Would you please retype, exactly, the lines of the listing below between the line with "t.detail).changed ≡ 0" and the line with "-- counts that", inclusive?

**DATA EXCERPTS:**
────────────────────
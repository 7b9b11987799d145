-- ===== src/Store/Repair/Run.antt =====
-- `RepairCodexUsage` on every branch.
use token_usage.Prelude.{
  inl, inr, ◌⊎◌, ℕ, ◌≡◌, refl, none, Bool, true, false, not, ◌||◌, some, List, [], Text, text_eq,
  ◌==◌, map, arith, nat_beq, Bool-cases, Option-cases,
}
use token_usage.Table.{IsUnique}
use token_usage.Store.Usage.Rebuild.Keyed.{rebuild_daily_tx-IsUnique}
use token_usage.Types.{UsageRecord}
use token_usage.Store.Keys.{detail_key_eq, daily_key_eq}
use token_usage.Store.Rollup.Run.{IsSound}
use token_usage.Store.Usage.{UsageTables, usage_stream}
use token_usage.Store.Usage.Rebuild.{
  rebuild_daily_tx, rebuild_daily_tx-inv, sums_of-rebuild_daily_tx,
}
use token_usage.Store.Repair.{
  StageRow, CodexRepairStats, Repaired, RepairFaults, load_stage, update_row, repair_stats,
  stats_fit, validate_codex_repair, nanos, apply_codex_repair, finish_repair, repair_codex_usage,
}
use token_usage.Store.Repair.Rows.{AreRepaired, update_row-AreRepaired}
use token_usage.Store.Repair.Laws.{rollup-repair, changed-update_row, HasUniqueIds-update_row}

module _ (now : ℕ) (user_id machine_id : Text) where
  apply_codex_repair-some :
      (stage : List StageRow) (st : CodexRepairStats) (t : UsageTables) {t' : UsageTables}
      → apply_codex_repair now user_id machine_id stage st t ≡ some t'
      → (n : ℕ) × (rebuild_daily_tx now
            (nanos st.from)
            (nanos st.to)
            (record t { detail = map (update_row user_id machine_id stage) t.detail })
          ≡ some (n, t'))
  unfolding apply_codex_repair
  apply_codex_repair-some stage st t h =
      elim (Option-cases (
        rebuild_daily_tx now (nanos st.from) (nanos st.to)
          (record t { detail = map (update_row user_id machine_id stage) t.detail }))) [
            | inl e ↦ ground (arith, e, h)
            | inr ((n, u), e) ↦ (n, ground (arith, e, h))
          ]

  apply_codex_repair-detail :
      (stage : List StageRow) (st : CodexRepairStats) (t : UsageTables) {t' : UsageTables}
      → apply_codex_repair now user_id machine_id stage st t ≡ some t'
      → t'.detail ≡ map (update_row user_id machine_id stage) t.detail
  apply_codex_repair-detail stage st t {t'} h =
      let (n, e) = apply_codex_repair-some stage st t h in
      (rebuild_daily_tx-inv now (nanos st.from) (nanos st.to) n
        (record t { detail = map (update_row user_id machine_id stage) t.detail }) t' e).0

  apply_codex_repair-IsSound :
      (stage : List StageRow) (t : UsageTables) {t' : UsageTables}
      → IsSound usage_stream t
      → apply_codex_repair now user_id machine_id stage
          (repair_stats user_id machine_id stage t.detail)
          t
        ≡ some t'
      → IsSound usage_stream t'
  apply_codex_repair-IsSound stage t {t'} h e =
      let st = repair_stats user_id machine_id stage t.detail in
      let updated : UsageTables = record t {
        detail = map (update_row user_id machine_id stage) t.detail;
      } in
      let (n, ran) = apply_codex_repair-some stage st t e in
      let detail = apply_codex_repair-detail stage st t e in
      record {
        consistent = record {
          at_key = λ k. ground (
            arith,
            detail,
            h.consistent.at_key k,
            sums_of-rebuild_daily_tx now (nanos st.from) (nanos st.to) n updated t' k ran,
            rollup-repair user_id machine_id stage t.detail k,
          );
        };
        unique = rw detail (HasUniqueIds-update_row user_id machine_id stage t.detail h.unique);
      }

  -- A run either changes nothing and does not say that it did, or is the two statements: it was asked to
  -- apply them and says so, or its commit was answered with an error.
  abbrev pub Ran :
      RepairFaults → Bool → List StageRow → UsageTables → Repaired × UsageTables → Type 0
  Ran f apply stage t o =
      ((o.0.stats.applied ≡ false) × (o.1 ≡ t))
      ⊎ ((apply_codex_repair now user_id machine_id stage
              (repair_stats user_id machine_id stage t.detail) t
            ≡ some o.1)
          × (((apply ≡ true) × (o.0.stats.applied ≡ true) × (o.0.error ≡ none))
              ⊎ ((f.commit ≡ true) × (o.0.stats.applied ≡ false))))

  pub Ran-AreRepaired :
      (stage : List StageRow) (st : CodexRepairStats) (t : UsageTables) {t' : UsageTables}
      → apply_codex_repair now user_id machine_id stage st t ≡ some t'
      → AreRepaired user_id machine_id stage t.detail t'.detail
  Ran-AreRepaired stage st t e =
      rw (apply_codex_repair-detail stage st t e)
        (update_row-AreRepaired user_id machine_id stage t.detail)

  finish_repair-Ran :
      (f : RepairFaults) (stage : List StageRow) (apply : Bool) (t : UsageTables)
      → Ran f apply stage t (
          finish_repair f now user_id machine_id stage apply
            (repair_stats user_id machine_id stage t.detail)
            t)
  unfolding finish_repair repair_stats
  finish_repair-Ran f stage false t = inl (refl, refl)
  finish_repair-Ran f stage true t =
      let st = repair_stats user_id machine_id stage t.detail in
      elim (Option-cases (validate_codex_repair st)) [
        | inr (message, e) ↦ inl (ground (arith, e), ground (arith, e))
        | inl valid ↦ elim (Bool-cases (nat_beq st.changed 0)) [
          | inl none_changed ↦
              inl (ground (arith, valid, none_changed), ground (arith, valid, none_changed))
          | inr some_changed ↦
              elim (Option-cases (apply_codex_repair now user_id machine_id stage st t)) [
                | inl e ↦
                    inl (
                      ground (arith, valid, some_changed, e),
                      ground (arith, valid, some_changed, e),
                    )
                | inr (t', e) ↦ elim (Bool-cases f.update) [
                  | inl fails ↦ inl (rw (finish_repair, valid, some_changed, e, fails) (refl, refl))
                  | inr updates ↦ elim (Bool-cases f.commit) [
                    | inr works ↦ inr (
                        rw (finish_repair, valid, some_changed, e, updates, works)
                          (refl, inl (refl, refl, refl)))
                    | inl lost ↦ elim (Bool-cases f.committed) [
                      | inl kept ↦ inr (
                          rw (finish_repair, valid, some_changed, e, updates, lost, kept)
                            (refl, inr (refl, refl)))
                      | inr undone ↦ inl (
                          rw (finish_repair, valid, some_changed, e, updates, lost, undone)
                            (refl, refl))
                    ]
                  ]
                ]
              ]
        ]
      ]

  pub repair_codex_usage-Ran :
      (f : RepairFaults) (records : List UsageRecord) (apply : Bool) (t : UsageTables)
      → Ran f apply
          (load_stage [] records)
          t
          (repair_codex_usage f now user_id machine_id records apply t)
  unfolding repair_codex_usage
  repair_codex_usage-Ran f records apply t =
      let stage = load_stage [] records in
      let st = repair_stats user_id machine_id stage t.detail in
      elim (Bool-cases (user_id == [] || machine_id == [])) [
        | inl empty ↦ rw (repair_codex_usage, empty) (inl (refl, refl))
        | inr named ↦ elim (Bool-cases (f.staging || not (stats_fit st))) [
          | inl fails ↦ rw (repair_codex_usage, named, fails) (inl (refl, refl))
          | inr works ↦ rw (repair_codex_usage, named, works) (finish_repair-Ran f stage apply t)
        ]
      ]

  -- Whatever comes of a repair, the daily table keeps saying what the detail rows sum up to, and no two
  -- detail rows have one (message_id, request_id).
  pub repair_codex_usage-IsSound :
      (f : RepairFaults) (records : List UsageRecord) (apply : Bool) (t : UsageTables)
      → IsSound usage_stream t
      → IsSound usage_stream (repair_codex_usage f now user_id machine_id records apply t).1
  repair_codex_usage-IsSound f records apply t h = elim (repair_codex_usage-Ran f records apply t) [
    | inl (unapplied, same) ↦ rw same h
    | inr (e, said) ↦ apply_codex_repair-IsSound (load_stage [] records) t h e
  ]

  pub repair_codex_usage-IsUnique :
      (f : RepairFaults) (records : List UsageRecord) (apply : Bool) (t : UsageTables)
      → IsUnique t.daily
      → IsUnique (repair_codex_usage f now user_id machine_id records apply t).1.daily
  repair_codex_usage-IsUnique f records apply t h =
      elim (repair_codex_usage-Ran f records apply t) [
        | inl (unapplied, same) ↦ rw same h
        | inr (e, said) ↦
            let stage = load_stage [] records in
            let st = repair_stats user_id machine_id stage t.detail in
            let (n, ran) = apply_codex_repair-some stage st t e in
            rebuild_daily_tx-IsUnique now (nanos st.from) (nanos st.to) n _ _ h ran
      ]

  finish_repair-settled :
      (f : RepairFaults) (stage : List StageRow) (apply : Bool) (st : CodexRepairStats)
      (t : UsageTables)
      → st.changed ≡ 0
      → (finish_repair f now user_id machine_id stage apply st t).1 ≡ t
  unfolding finish_repair
  finish_repair-settled f stage false st t h = refl
  finish_repair-settled f stage true st t h = elim (Option-cases (validate_codex_repair st)) [
    | inl valid ↦ rw (finish_repair, valid, h) refl
    | inr (message, e) ↦ rw (finish_repair, e) refl
  ]

  repair_codex_usage-settled :
      (f : RepairFaults) (records : List UsageRecord) (apply : Bool) (t : UsageTables)
      → (repair_stats user_id machine_id (load_stage [] records) t.detail).changed ≡ 0
      → (repair_codex_usage f now user_id machine_id records apply t).1 ≡ t
  unfolding repair_codex_usage
  repair_codex_usage-settled f records apply t h =
      let stage = load_stage [] records in
      ground (
        arith,
        finish_repair-settled f stage apply (repair_stats user_id machine_id stage t.detail) t h,
      )

module _ (now now' : ℕ) (user_id machine_id : Text) where
  -- An applied repair gives each Codex row of the user and the machine whose id stands in the stage the four
  -- counts that stand there, and leaves all else in the detail rows as it was; the same repair at any later
  -- time, whatever fails in it and whether it is to apply or not, then changes nothing.
  pub repair_codex_usage_idem :
      (f f' : RepairFaults) (records : List UsageRecord) (apply apply' : Bool) (t : UsageTables)
      → (repair_codex_usage f now user_id machine_id records apply t).0.stats.applied ≡ true
      → AreRepaired user_id machine_id
          (load_stage [] records)
          t.detail
          (repair_codex_usage f now user_id machine_id records apply t).1.detail
        × ((repair_codex_usage f' now' user_id machine_id records apply'
              (repair_codex_usage f now user_id machine_id records apply t).1).1
            ≡ (repair_codex_usage f now user_id machine_id records apply t).1)
  repair_codex_usage_idem f f' records apply apply' t h =
      elim (repair_codex_usage-Ran now user_id machine_id f records apply t) [
        | inl (unapplied, same) ↦ absurd (ground (arith, h, unapplied))
        | inr (e, said) ↦
            let stage = load_stage [] records in
            let st = repair_stats user_id machine_id stage t.detail in
            (
              Ran-AreRepaired now user_id machine_id stage st t e,
              repair_codex_usage-settled now' user_id machine_id f' records apply' _ (
                  rw (apply_codex_repair-detail now user_id machine_id stage st t e)
                    (changed-update_row user_id machine_id stage t.detail)),
            )
      ]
────────────────────
**TASK OUTPUT:**
      → (repair_stats user_id machine_id (load_stage [] records) t.detail).changed ≡ 0
      → (repair_codex_usage f now user_id machine_id records apply t).1 ≡ t
  unfolding repair_codex_usage
  repair_codex_usage-settled f records apply t h =
      let stage = load_stage [] records in
      ground (
        arith,
        finish_repair-settled f stage apply (repair_stats user_id machine_id stage t.detail) t h,
      )

module _ (now now' : ℕ) (user_id machine_id : Text) where
  -- An applied repair gives each Codex row of the user and the machine whose id stands in the stage the four
  -- counts that stand there, and leaves all else in the detail rows as it was; the same repair at any later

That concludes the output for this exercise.